1
votes

I am developing a C application, and using Eclipse CDT IDE, which I find great. The project uses Glib,Gtk,and GStreamer , so whenever I use some of their features in a file, I need to include:

#include <glib.h>
#include <gtk/gtk.h>
#include <gst/gst.h>

The code compiles without any error, since the PATH variable to search those headers is set correctly in a CMakeLists.txt. However, while working on the project, I found annoying errors highlighting in my code, regarding type definitions like gchar or GValue or GTKApplication; the error outlined is "symbol **** could not be resolved". These definitions are inside a header file that my Eclipse IDE cannot find (included by glib.h), if not at compile time (indeed the program compiles correctly). Instead, the type GError , defined in gst.h , is not highlighted as an error by the pre-compiler.
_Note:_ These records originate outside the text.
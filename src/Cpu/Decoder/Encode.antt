-- ===== src/Cpu/Decoder/Encode.antt =====
-- Words of opcode 31 that name three registers, put together from their fields, and what `decode`
-- (src/cpu/espresso/decoder.cpp) makes of them.
use affogato.Base.{
  ℕ, ◌+◌, ◌*◌, ◌/◌, ◌^◌, ◌<◌, ◌≡◌, refl, ◌∙◌, Bool, true, false, not, arith, bit_and, and_mask,
  ◌==◌, if◌then◌else◌,
}
use affogato.Cpu.Decoder.{decode_primary, decode}
use affogato.Cpu.Decoder.Instruction.{Opcode, blank}
use affogato.Cpu.Decoder.Fields.{field}
use affogato.Cpu.Decoder.Forms.{arithmetic_form}
use affogato.Cpu.Decoder.Integer.{
  decode_system, decode_special, decode_add_subtract, decode_multiply_divide,
}

-- The add, subtract, multiply and divide instructions on two registers.
pub data Mnemonic : Type 0 where
  add addo addc addco adde addeo subf subfo subfc subfco subfe subfeo : Mnemonic
  mullw mullwo mulhw mulhwu divw divwo divwu divwuo : Mnemonic

-- The extended opcode of the instruction set, with the overflow bit.
abbrev pub number : Mnemonic → ℕ
number add = 266
number addo = 778
number addc = 10
number addco = 522
number adde = 138
number addeo = 650
number subf = 40
number subfo = 552
number subfc = 8
number subfco = 520
number subfe = 136
number subfeo = 648
number mullw = 235
number mullwo = 747
number mulhw = 75
number mulhwu = 11
number divw = 491
number divwo = 1003
number divwu = 459
number divwuo = 971

abbrev pub meaning : Mnemonic → Opcode
meaning add = Opcode.add
meaning addo = Opcode.add_overflow
meaning addc = Opcode.add_carrying
meaning addco = Opcode.add_carrying_overflow
meaning adde = Opcode.add_extended
meaning addeo = Opcode.add_extended_overflow
meaning subf = Opcode.subtract_from
meaning subfo = Opcode.subtract_from_overflow
meaning subfc = Opcode.subtract_from_carrying
meaning subfco = Opcode.subtract_from_carrying_overflow
meaning subfe = Opcode.subtract_from_extended
meaning subfeo = Opcode.subtract_from_extended_overflow
meaning mullw = Opcode.multiply_low_word
meaning mullwo = Opcode.multiply_low_word_overflow
meaning mulhw = Opcode.multiply_high_word_signed
meaning mulhwu = Opcode.multiply_high_word_unsigned
meaning divw = Opcode.divide_word_signed
meaning divwo = Opcode.divide_word_signed_overflow
meaning divwu = Opcode.divide_word_unsigned
meaning divwuo = Opcode.divide_word_unsigned_overflow

-- The word with these fields.
abbrev pub encode : Mnemonic → ℕ → ℕ → ℕ → Bool → ℕ
encode op d a b record_bit =
    31 * 2 ^ 26
    + d * 2 ^ 21
    + a * 2 ^ 16
    + b * 2 ^ 11
    + number op * 2
    + (if record_bit then 1 else 0)

number-lt : (op : Mnemonic) → number op < 1024
number-lt add = omega arith
number-lt addo = omega arith
number-lt addc = omega arith
number-lt addco = omega arith
number-lt adde = omega arith
number-lt addeo = omega arith
number-lt subf = omega arith
number-lt subfo = omega arith
number-lt subfc = omega arith
number-lt subfco = omega arith
number-lt subfe = omega arith
number-lt subfeo = omega arith
number-lt mullw = omega arith
number-lt mullwo = omega arith
number-lt mulhw = omega arith
number-lt mulhwu = omega arith
number-lt divw = omega arith
number-lt divwo = omega arith
number-lt divwu = omega arith
number-lt divwuo = omega arith

-- What the fields of such a word read.
module _ (d a b ext rc : ℕ) (hd : d < 32) (ha : a < 32) (hb : b < 32) (he : ext < 1024)
    (hr : rc < 2) where
  word : ℕ
  word = 31 * 2 ^ 26 + d * 2 ^ 21 + a * 2 ^ 16 + b * 2 ^ 11 + ext * 2 + rc

  primary : field word 26 0x3F ≡ 31
  unfolding word
  primary = omega (arith, and_mask 6 (word / 2 ^ 26))

  extended : field word 1 0x3FF ≡ ext
  unfolding word
  extended = omega (arith, and_mask 10 (word / 2 ^ 1))

  destination : field word 21 0x1F ≡ d
  unfolding word
  destination = omega (arith, and_mask 5 (word / 2 ^ 21))

  base : field word 16 0x1F ≡ a
  unfolding word
  base = omega (arith, and_mask 5 (word / 2 ^ 16))

  source : field word 11 0x1F ≡ b
  unfolding word
  source = omega (arith, and_mask 5 (word / 2 ^ 11))

  lowest : bit_and word 1 ≡ rc
  unfolding word
  lowest = omega (arith, and_mask 1 word)

  -- A word of opcode 31 goes through its chain of tests.
  decode_31 : decode word ≡ decode_system word ext
  unfolding decode decode_primary
  decode_31 = rw (primary, extended) refl

  same_fields :
      (op : Opcode)
      → arithmetic_form word op ≡ record (blank word) {
        opcode = op;
        destination = d;
        base = a;
        source = b;
        record_result = not (rc == 0);
      }
  same_fields op = rw (destination, base, source, lowest) refl

-- The chain of tests finds the instruction.
table : (op : Mnemonic) (raw : ℕ) → decode_system raw (number op) ≡ arithmetic_form raw (meaning op)
unfolding decode_system decode_special decode_add_subtract decode_multiply_divide
table add raw = refl
table addo raw = refl
table addc raw = refl
table addco raw = refl
table adde raw = refl
table addeo raw = refl
table subf raw = refl
table subfo raw = refl
table subfc raw = refl
table subfco raw = refl
table subfe raw = refl
table subfeo raw = refl
table mullw raw = refl
table mullwo raw = refl
table mulhw raw = refl
table mulhwu raw = refl
table divw raw = refl
table divwo raw = refl
table divwu raw = refl
table divwuo raw = refl

-- For registers below 32, the word of an add, subtract, multiply or divide instruction on two
-- registers is decoded as that instruction with those registers and that record bit, and nothing
-- else set.
pub decode-encode :
    (op : Mnemonic) (d a b : ℕ) (record_bit : Bool)
    → d < 32
    → a < 32
    → b < 32
    → decode (encode op d a b record_bit) ≡ record (blank (encode op d a b record_bit)) {
      opcode = meaning op;
      destination = d;
      base = a;
      source = b;
      record_result = record_bit;
    }
unfolding word
decode-encode op d a b true hd ha hb =
    decode_31 d a b (number op) 1 hd ha hb (number-lt op) (omega arith)
    ∙ (table op (encode op d a b true)
        ∙ same_fields d a b (number op) 1 hd ha hb (number-lt op) (omega arith) (meaning op))
decode-encode op d a b false hd ha hb =
    decode_31 d a b (number op) 0 hd ha hb (number-lt op) (omega arith)
    ∙ (table op (encode op d a b false)
        ∙ same_fields d a b (number op) 0 hd ha hb (number-lt op) (omega arith) (meaning op))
I would like then that my Eclipse IDE could search on nested headers (#include inside an #inlcude inside...) to find those type definition, in order so to not have those annoying errors highlighting. How can I do so? I would not like to have to include directly all files where the type definitions are done.

EDIT: As Jonah Graham outlined, the problem is not beacuse Eclispe does a "single-step research" on the headers, since it inspects includes inside other includes like any other IDE. It is a CMake bug with c and Eclipse

Thanks in advance.

1
I may be able to write a longer answer, but I am not exactly sure which problem you are having. AFAICT it looks like CDT is failing to find the details of where glib.h is, or perhaps some similar stuff related to built-in compiler macros. The manual 1 2 has info on setting up scanner discovery. - Jonah Graham
Or you may want to consider one of the cmake plug-ins, however I don't use them, so YMMV. - Jonah Graham
Eclipse finds glib.h surely, the problem is that types defined in headers included by glib.h are not considere by Eclipse CDT because it does a "one-step research". Indeed, for instance, if I directly include in a source file the header where GValue is defined, the error highlighting about GValue goes away. But I want Eclipse to do this automatically, by expanding the headers included in glib.h, and not to have to include all the necessary headers (would be too many) - Carlo Benussi
No, CDT does not do "one-step research". CDT of course inspects includes of includes otherwise none of even the standard header files would work. If you pop your project on github I can have a look to see if I can reproduce your problem. - Jonah Graham
Ok, It is already on Github: project. - Carlo Benussi

1 Answers

3
votes

The problem you are facing is a CMake bug*. CMake adds __cplusplus into the defined symbols unconditionally, which means that glib headers are not parsed properly when in C mode. You can see this clearly by opening gmacros.h around the definition for G_BEGIN_DECLS:

enter image description here

Because CMake told CDT __cplusplus is defined, it thinks G_BEGIN_DECLS is also defined, which makes code like this from gtypes.h parse incorrectly:

G_BEGIN_DECLS

/* Provide type definitions for commonly used types.
 *  These are useful because a "gint8" can be adjusted
 *  to be 1 byte (8 bits) on all platforms. Similarly and
 *  more importantly, "gint32" can be adjusted to be
 *  4 bytes (32 bits) on all platforms.
 */

typedef char   gchar;
...

Of course with no gchar defined, everything else is going to go badly.

Luckily there is a quick workaround until the problem is resolved in CMake, remove __cplusplus from the info in CDT.

  1. Open Project Properties
  2. C/C++ Include Paths and Symbols
  3. Remove __cplusplus from the list and press OK

enter image description here

  1. (sometimes necessary) Right-click on project -> Index -> Rebuild

* There may be some other workarounds if you know CMake better. The bug says also it will be fixed for the next release of CMake.